[[ Raw data, beginning ]]

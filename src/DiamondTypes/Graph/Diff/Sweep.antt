-- ===== src/DiamondTypes/Graph/Diff/Sweep.antt =====
-- The loop of `diff_slow_internal` in tools/diamond-types/src/causalgraph/graph/tools.rs for the items of
-- one run, and the run's last mark.
use egwalker_paper.Base.{
  ℕ, ◌+◌, ◌≤◌, ◌<◌, ◌≡◌, refl, subst, ◌∙◌, ◌↔◌, inl, inr, Bool, true, false, List, [], ◌∷◌, some,
  ltb, ltb→lt, get_elem?, arith, Bool-cases, iff_trans,
}
use egwalker_paper.Base.Panic.{done}
use egwalker_paper.OtBench.Graph.{DiffFlag, shared, flag_eq, Queue, push_all}
use egwalker_paper.OtBench.Graph.Ancestors.{AncOf}
use egwalker_paper.OtBench.Graph.Heap.{num_shared, shared_count, Below, Holds, push_all-Holds}
use egwalker_paper.OtBench.Graph.Absorb.{pick, take_shared_lem, Below-less}
use egwalker_paper.OtBench.Graph.Scan.{not-Holds}
use egwalker_paper.DiamondTypes.Graph.{GraphEntryInternal}
use egwalker_paper.DiamondTypes.Graph.Expand.{expand}
use egwalker_paper.DiamondTypes.Graph.Runs.{Has, IsDag, run_history, dag-IsCausal}
use egwalker_paper.DiamondTypes.Graph.Diff.{DiffResult, Swept, sweep, mark_result}
use egwalker_paper.DiamondTypes.Graph.Diff.Part.{IsPart, IsFlagged}
use egwalker_paper.DiamondTypes.Graph.Diff.Mark.{written_out, IsRanges, flag_eq_lem, IsAt, mark_lem}
use egwalker_paper.DiamondTypes.Graph.Chain.{chain}
use egwalker_paper.DiamondTypes.Graph.Diff.Items.{same_flag, other_flag}

Below-le : (m n : ℕ) (q : Queue) → m ≤ n → Below m q → Below n q
Below-le m n [] l h = tt
Below-le m n ((v, f) ∷ q) l h = (omega (arith, h.0), Below-le m n q l h.1)

module _ (es : List GraphEntryInternal) (hi : ℕ) (dag : IsDag es hi) (a b : List ℕ) where
  module _ (i : ℕ) (e : GraphEntryInternal) (g : get_elem? es i ≡ some e) where
    stop_step :
        (ord w : ℕ) (flag g' : DiffFlag) (n : ℕ) (q : Queue) (r : DiffResult)
        → ltb w e.span.start ≡ true
        → sweep mark_result e.span.start ord flag n ((w, g') ∷ q) r
          ≡ done (record { state = r; ord = ord; flag = flag; num = n; queue = (w, g') ∷ q })
    unfolding sweep
    stop_step ord w flag g' n q r t = rw t refl

    same_step :
        (ord w : ℕ) (flag g' : DiffFlag) (n : ℕ) (q : Queue) (r : DiffResult)
        → ltb w e.span.start ≡ false
        → flag_eq g' flag ≡ true
        → sweep mark_result e.span.start ord flag (shared_count g' + n) ((w, g') ∷ q) r
          ≡ sweep mark_result e.span.start ord flag n q r
    unfolding sweep
    same_step ord w flag g' n q r t d = rw (t, d, take_shared_lem g' n) refl

    other_step :
        (ord w : ℕ) (flag g' : DiffFlag) (n : ℕ) (q : Queue) (r r' : DiffResult)
        → ltb w e.span.start ≡ false
        → flag_eq g' flag ≡ false
        → mark_result (w + 1) ord flag r ≡ done r'
        → sweep mark_result e.span.start ord flag (shared_count g' + n) ((w, g') ∷ q) r
          ≡ sweep mark_result e.span.start w shared n q r'
    unfolding sweep
    other_step ord w flag g' n q r r' t d m = rw (t, d, m, take_shared_lem g' n) refl

    -- What `sweep` leaves: no item of the run.
    pub record IsSwept (w : Swept DiffResult) : Type 0 where
      pub counted : w.num ≡ num_shared w.queue
      pub at : IsAt es hi dag a b w.ord w.flag w.queue w.state
      pub has_ord : Has e w.ord
      pub below : Below e.span.start w.queue

    pub sweep_lem :
        (ord : ℕ) (flag : DiffFlag) (q : Queue) (r : DiffResult)
        → Has e ord
        → IsAt es hi dag a b ord flag q r
        → (w : Swept DiffResult) × (sweep mark_result e.span.start ord flag (num_shared q) q r
            ≡ done w)
          × IsSwept w
    sweep_lem ord flag [] r c h = (
      record { state = r; ord = ord; flag = flag; num = 0; queue = [] },
      unfold sweep in refl,
      record { counted = refl; at = h; has_ord = c; below = tt },
    )
    sweep_lem ord flag ((w, g') ∷ q) r c h = elim (Bool-cases (ltb w e.span.start)) [
      | inl t ↦
          let l : w < e.span.start = ltb→lt w e.span.start t in
          (
            record {
              state = r;
              ord = ord;
              flag = flag;
              num = num_shared ((w, g') ∷ q);
              queue = (w, g') ∷ q;
            },
            stop_step ord w flag g' (num_shared ((w, g') ∷ q)) q r t,
            record {
              counted = refl;
              at = h;
              has_ord = c;
              below = (l, Below-less e.span.start w q l h.heap.0);
            },
          )
      | inr t ↦
          let l : e.span.start ≤ w = ground (arith, t) in
          elim (Bool-cases (flag_eq g' flag)) [
            | inl d ↦
                let same : IsAt es hi dag a b ord flag ((w, flag) ∷ q) r =
                  subst (λ f. IsAt es hi dag a b ord flag ((w, f) ∷ q) r) (flag_eq_lem g' flag d)
                    h in
                let (v, s, k) =
                  sweep_lem ord flag q r c
                    (same_flag es hi dag a b i e g ord w flag q r c l same) in
                (v, same_step ord w flag g' (num_shared q) q r t d ∙ s, k)
            | inr d ↦
                let (r', m, h') = other_flag es hi dag a b i e g ord w flag g' q r c l d h in
                let c' : Has e w = (l, omega (arith, c.1, h.at_most.0)) in
                let (v, s, k) = sweep_lem w shared q r' c' h' in
                (v, other_step ord w flag g' (num_shared q) q r r' t d m ∙ s, k)
          ]
    ]

    -- The last mark of a run: what is left is the history of the run's parents and of the queue.
    pub run_end :
        (ord : ℕ) (flag : DiffFlag) (q : Queue) (r : DiffResult)
        → Has e ord
        → Below e.span.start q
        → IsAt es hi dag a b ord flag q r
        → (r' : DiffResult) × (mark_result e.span.start ord flag r ≡ done r')
          × IsRanges r'
          × IsPart (expand es) (dag-IsCausal es hi dag) a b e.span.start (written_out r')
          × ((s : Bool) (x : ℕ)
              → x < e.span.start
              → AncOf (expand es) (pick s a b) x
                ↔ Holds (expand es) s (push_all e.parents flag q) x)
    run_end ord flag q r c bl h =
        let flagged : IsFlagged (expand es) (dag-IsCausal es hi dag) a b e.span.start (ord + 1)
            (ord + 1) flag =
          λ s x m n. iff_trans (h.future s x (omega arith)) (
            elim [
              | inl (t, z) ↦ (n, t)
              | inr y ↦ absurd (
                  not-Holds (expand es) (dag-IsCausal es hi dag) a b s q x
                    (Below-le e.span.start x q m bl) y)
            ],
            λ (y, t). inl (t, chain es hi dag i e g ord x c m (omega arith)),
          ) in
        let (r', m, v, p) =
          mark_lem es hi dag a b e.span.start ord flag r h.ranges h.part (inr (c.0))
            (omega (arith, c.0)) flagged in
        (
          r',
          m,
          v,
          p,
          λ s x l.
              let parents = run_history es hi dag i e g ord x c l in
              let (to, from) = push_all-Holds (expand es) s e.parents flag q x in
              iff_trans (h.future s x (omega (arith, c.0))) (
                elim [ inl (t, z) ↦ from (inl (t, parents.0 z)) | inr y ↦ from (inr y) ],
                λ y. elim (to y) [ inl (t, z) ↦ inl (t, parents.1 z) | inr z ↦ inr z ],
              ),
        )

[[ Raw data, end ]]

### Exercise
Reproduce all the entries above. Match them exactly.

### Output below
filename src/DiamondTypes/Graph/Diff/Sweep.antt
-- ===== src/DiamondTypes/Graph/Diff/Sweep.antt =====
-- The loop of `diff_slow_internal` in tools/diamond-types/src/causalgraph/graph/tools.rs for the items of
-- one run, and the run's last mark.
use egwalker_paper.Base.{
  ℕ, ◌+◌, ◌≤◌, ◌<◌, ◌≡◌, refl, subst, ◌∙◌, ◌↔◌, inl, inr, Bool, true, false, List, [], ◌∷◌, some,
  ltb, ltb→lt, get_elem?, arith, Bool-cases, iff_trans,
}
use egwalker_paper.Base.Panic.{done}
use egwalker_paper.OtBench.Graph.{DiffFlag, shared, flag_eq, Queue, push_all}
use egwalker_paper.OtBench.Graph.Ancestors.{AncOf}
use egwalker_paper.OtBench.Graph.Heap.{num_shared, shared_count, Below, Holds, push_all-Holds}
use egwalker_paper.OtBench.Graph.Absorb.{pick, take_shared_lem, Below-less}
use egwalker_paper.OtBench.Graph.Scan.{not-Holds}
use egwalker_paper.DiamondTypes.Graph.{GraphEntryInternal}
use egwalker_paper.DiamondTypes.Graph.Expand.{expand}
use egwalker_paper.DiamondTypes.Graph.Runs.{Has, IsDag, run_history, dag-IsCausal}
use egwalker_paper.DiamondTypes.Graph.Diff.{DiffResult, Swept, sweep, mark_result}
use egwalker_paper.DiamondTypes.Graph.Diff.Part.{IsPart, IsFlagged}
use egwalker_paper.DiamondTypes.Graph.Diff.Mark.{written_out, IsRanges, flag_eq_lem, IsAt, mark_lem}
use egwalker_paper.DiamondTypes.Graph.Chain.{chain}
use egwalker_paper.DiamondTypes.Graph.Diff.Items.{same_flag, other_flag}

Below-le : (m n : ℕ) (q : Queue) → m ≤ n → Below m q → Below n q
Below-le m n [] l h = tt
Below-le m n ((v, f) ∷ q) l h = (omega (arith, h.0), Below-le m n q l h.1)

module _ (es : List GraphEntryInternal) (hi : ℕ) (dag : IsDag es hi) (a b : List ℕ) where
  module _ (i : ℕ) (e : GraphEntryInternal) (g : get_elem? es i ≡ some e) where
    stop_step :
        (ord w : ℕ) (flag g' : DiffFlag) (n : ℕ) (q : Queue) (r : DiffResult)
        → ltb w e.span.start ≡ true
        → sweep mark_result e.span.start ord flag n ((w, g') ∷ q) r
          ≡ done (record { state = r; ord = ord; flag = flag; num = n; queue = (w, g') ∷ q })
    unfolding sweep
    stop_step ord w flag g' n q r t = rw t refl

    same_step :
        (ord w : ℕ) (flag g' : DiffFlag) (n : ℕ) (q : Queue) (r : DiffResult)
        → ltb w e.span.start ≡ false
        → flag_eq g' flag ≡ true
        → sweep mark_result e.span.start ord flag (shared_count g' + n) ((w, g') ∷ q) r
          ≡ sweep mark_result e.span.start ord flag n q r
    unfolding sweep
    same_step ord w flag g' n q r t d = rw (t, d, take_shared_lem g' n) refl

    other_step :
        (ord w : ℕ) (flag g' : DiffFlag) (n : ℕ) (q : Queue) (r r' : DiffResult)
        → ltb w e.span.start ≡ false
        → flag_eq g' flag ≡ false
        → mark_result (w + 1) ord flag r ≡ done r'
        → sweep mark_result e.span.start ord flag (shared_count g' + n) ((w, g') ∷ q) r
          ≡ sweep mark_result e.span.start w shared n q r'
    unfolding sweep
    other_step ord w flag g' n q r r' t d m = rw (t, d, m, take_shared_lem g' n) refl

    -- What `sweep` leaves: no item of the run.
    pub record IsSwept (w : Swept DiffResult) : Type 0 where
      pub counted : w.num ≡ num_shared w.queue
      pub at : IsAt es hi dag a b w.ord w.flag w.queue w.state
      pub has_ord : Has e w.ord
      pub below : Below e.span.start w.queue

    pub sweep_lem :
        (ord : ℕ) (flag : DiffFlag) (q : Queue) (r : DiffResult)
        → Has e ord
        → IsAt es hi dag a b ord flag q r
        → (w : Swept DiffResult) × (sweep mark_result e.span.start ord flag (num_shared q) q r
            ≡ done w)
          × IsSwept w
    sweep_lem ord flag [] r c h = (
      record { state = r; ord = ord; flag = flag; num = 0; queue = [] },
      unfold sweep in refl,
      record { counted = refl; at = h; has_ord = c; below = tt },
    )
    sweep_lem ord flag ((w, g') ∷ q) r c h = elim (Bool-cases (ltb w e.span.start)) [
      | inl t ↦
          let l : w < e.span.start = ltb→lt w e.span.start t in
          (
            record {
              state = r;
              ord = ord;
              flag = flag;
              num = num_shared ((w, g') ∷ q);
              queue = (w, g') ∷ q;
            },
            stop_step ord w flag g' (num_shared ((w, g') ∷ q)) q r t,
            record {
              counted = refl;
              at = h;
              has_ord = c;
              below = (l, Below-less e.span.start w q l h.heap.0);
            },
          )
      | inr t ↦
          let l : e.span.start ≤ w = ground (arith, t) in
          elim (Bool-cases (flag_eq g' flag)) [
            | inl d ↦
                let same : IsAt es hi dag a b ord flag ((w, flag) ∷ q) r =
                  subst (λ f. IsAt es hi dag a b ord flag ((w, f) ∷ q) r) (flag_eq_lem g' flag d)
                    h in
                let (v, s, k) =
                  sweep_lem ord flag q r c
                    (same_flag es hi dag a b i e g ord w flag q r c l same) in
                (v, same_step ord w flag g' (num_shared q) q r t d ∙ s, k)
            | inr d ↦
                let (r', m, h') = other_flag es hi dag a b i e g ord w flag g' q r c l d h in
                let c' : Has e w = (l, omega (arith, c.1, h.at_most.0)) in
                let (v, s, k) = sweep_lem w shared q r' c' h' in
                (v, other_step ord w flag g' (num_shared q) q r r' t d m ∙ s, k)
          ]
    ]

    -- The last mark of a run: what is left is the history of the run's parents and of the queue.
    pub run_end :
        (ord : ℕ) (flag : DiffFlag) (q : Queue) (r : DiffResult)
        → Has e ord
        → Below e.span.start q
        → IsAt es hi dag a b ord flag q r
        → (r' : DiffResult) × (mark_result e.span.start ord flag r ≡ done r')
          × IsRanges r'
          × IsPart (expand es) (dag-IsCausal es hi dag) a b e.span.start (written_out r')
          × ((s : Bool) (x : ℕ)
              → x < e.span.start
              → AncOf (expand es) (pick s a b) x
                ↔ Holds (expand es) s (push_all e.parents flag q) x)
    run_end ord flag q r c bl h =
        let flagged : IsFlagged (expand es) (dag-IsCausal es hi dag) a b e.span.start (ord + 1)
            (ord + 1) flag =
          λ s x m n. iff_trans (h.future s x (omega arith)) (
            elim [
              | inl (t, z) ↦ (n, t)
              | inr y ↦ absurd (
                  not-Holds (expand es) (dag-IsCausal es hi dag) a b s q x
                    (Below-le e.span.start x q m bl) y)
            ],
            λ (y, t). inl (t, chain es hi dag i e g ord x c m (omega arith)),
          ) in
        let (r', m, v, p) =
          mark_lem es hi dag a b e.span.start ord flag r h.ranges h.part (inr (c.0))
            (omega (arith, c.0)) flagged in
        (
          r',
          m,
          v,
          p,
          λ s x l.
              let parents = run_history es hi dag i e g ord x c l in
              let (to, from) = push_all-Holds (expand es) s e.parents flag q x in
              iff_trans (h.future s x (omega (arith, c.0))) (
                elim [ inl (t, z) ↦ from (inl (t, parents.0 z)) | inr y ↦ from (inr y) ],
                λ y. elim (to y) [ inl (t, z) ↦ inl (t, parents.1 z) | inr z ↦ inr z ],
              ),
        )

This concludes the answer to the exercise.